I wonder if it would help to make small adjustments to attempts that didn’t work (like trading numbers.)
I wonder if it would help to choose a sum and make lists of 4 numbers that have that sum.
I notice that when I do this, certain addends appear more often than others.
I wonder how many solutions there are (for some sum that I chose).
I wonder what counts as a new solution. For example, is it a new solution if I just switch two    numbers in the middle of a side?

Creating

As they notice and wonder, students may create and explore strategies, solutions, patterns, and related questions. Many of their creations may flow out of things that they have wondered about. For example, they may

Create multiple strategies for making the sums of the sides the same.
Create multiple solutions (and search for patterns between them).
Create new questions to explore (by changing the numbers, the number of circles per side, the shape, etc.)

Reflecting and Extending

I notice there are two solutions for a sum of 17 (assuming small changes don’t count as new solutions).
I notice that the corners must be 1, 2, and 3 in order to get a sum of 17.
I wonder why the corners must be 1, 2, or 3 in this case.
I wonder what the smallest and largest possible sums are.
I wonder what would happen if there were more or fewer circles on each side of the triangle.
I wonder if there are patterns to the smallest or largest sums for different numbers of circles on each side.
I wonder what would happen if the circles were arranged into a square instead of a triangle.
I wonder how many solutions there would be if every small change counted as a new solution.

Notes

Most people do not consider solutions to be new if they (1) exchange numbers in the middle of a side, (2) reflect the numbers in the triangles between a pair of sides, or (3) rotate the numbers in the triangles. In this case, there are two solutions for a sum of 17.
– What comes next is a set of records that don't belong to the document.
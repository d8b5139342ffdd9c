-- ===== src/Controllers/Regional/Keeps.antt =====
-- pdsno/controllers/regional_controller.py: what the locks of proposals leave as it is.
use partially_distributed_sm.Common.{
  Bool-cases, List, Option, Option-cases, String, [], inl, inr, lookup, nat_eq, none, refl, some,
  string_eq, ℕ, ◌==◌, ◌∙◌, ◌∷◌, ◌≡◌,
}
use partially_distributed_sm.Platform.{Platform}
use partially_distributed_sm.Controllers.Regional.{
  RegionalController, acquire_proposal_lock, engine_of, is_for, is_terminal, on_acquired,
  on_existing, put_engine, release_expired_proposal_locks, release_if_over, release_over,
  release_proposal_lock,
}
use partially_distributed_sm.Nib.Store.{NibStore}
use partially_distributed_sm.Nib.Locks.{check_lock}
use partially_distributed_sm.Config.Approval.Engine.{ConfigData, Engine, get_request}
use partially_distributed_sm.Nib.Models.{Lock, LockType, Reply, result, integrity_error}
use partially_distributed_sm.Config.Approval.Request.{ApprovalRequest}

-- The classifier and the tokens are those of another state.
abbrev pub Keeps : RegionalController → RegionalController → Type 0
Keeps c c' = (c'.classifier ≡ c.classifier) × (c'.tokens ≡ c.tokens)

pub Keeps-trans : (a b c : RegionalController) → Keeps a b → Keeps b c → Keeps a c
Keeps-trans a b c (h, k) (h', k') = (h' ∙ h, k' ∙ k)

release-Keeps : (id : String) (c : RegionalController) → Keeps c (release_proposal_lock id c)
unfolding release_proposal_lock
release-Keeps id c = elim (Option-cases (lookup id c.proposal_locks)) [
  | inl absent ↦ rw (absent, release_proposal_lock) (refl, refl)
  | inr (l, there) ↦ rw (there, release_proposal_lock) (refl, refl)
]

on_acquired-Keeps :
    (w : NibStore ConfigData × Reply) (device_id id : String) (c : RegionalController)
    → Keeps c (on_acquired w device_id id c).0
on_acquired-Keeps (nib, integrity_error) device_id id c = (refl, refl)
on_acquired-Keeps (nib, result r) device_id id c = elim (Bool-cases r.success) [
  | inl done ↦ rw done (refl, refl)
  | inr undone ↦ rw undone (refl, refl)
]

pub acquire-Keeps :
    (device_id id : String) (now : ℕ → ℕ) (lock_id : String) (c : RegionalController)
    → Keeps c (acquire_proposal_lock device_id id now lock_id c).0
unfolding acquire_proposal_lock
acquire-Keeps device_id id now lock_id c =
    go (check_lock device_id LockType.config_lock (now 0) c.nib)
  where
    go : (o : Option Lock) → Keeps c (on_existing o device_id id (now 1) lock_id c).0
    go none = on_acquired-Keeps _ device_id id c
    go (some l) = elim (Bool-cases (l.held_by == c.controller_id)) [
      | inr other ↦ rw other (refl, refl)
      | inl own ↦ elim (Bool-cases (is_for id l.associated_request)) [
        | inl same ↦ rw (own, same) (refl, refl)
        | inr different ↦ rw (own, different) (on_acquired-Keeps _ device_id id c)
      ]
    ]

module _ (p : Platform) where
  release_if_over-Keeps :
      (id : String) (x : Engine × Option ApprovalRequest) (c : RegionalController)
      → Keeps c (release_if_over p id x c)
  release_if_over-Keeps id (e, none) c = release-Keeps id (put_engine e c)
  release_if_over-Keeps id (e, some r) c = elim (Bool-cases (is_terminal r.state)) [
    | inl over ↦ rw over (release-Keeps id (put_engine e c))
    | inr open_still ↦ rw open_still (refl, refl)
  ]

  release_over-Keeps : (ids : List String) (c : RegionalController) → Keeps c (release_over p ids c)
  unfolding release_over
  release_over-Keeps [] c = (refl, refl)
  release_over-Keeps (id ∷ ids) c =
      let c' = release_if_over p id (get_request p id (engine_of c)) c in
      Keeps-trans c c' (release_over p ids c')
        (release_if_over-Keeps id (get_request p id (engine_of c)) c) (release_over-Keeps ids c')

  pub release_expired-Keeps :
      (now : ℕ → ℕ) (c : RegionalController) → Keeps c (release_expired_proposal_locks p now c)
  unfolding release_expired_proposal_locks
  release_expired-Keeps now c = release_over-Keeps _ (put_engine _ c)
The corner numbers must be 1, 2, and 3 when the sum is 17. To see why, think of these two sums:

1 + 2 + 3 + 4 + 5 + 6 + 7 + 8 + 9 = 45 and 17 + 17 + 17 = 51

At first, you may think that the sums should be the same, because they involve adding the numbers around the triangle. However, 17 + 17 + 17 counts each corner twice. Therefore, the corners must account for the difference 51 – 45 = 6. The only way to make 6 in this case is 1 + 2 + 3!

For a more structured version of the problem, along with detailed solutions and suggestions for facilitating conversation see Triangle Sums, a free activity from my book Advanced Common Core Explorations: Numbers and Operations.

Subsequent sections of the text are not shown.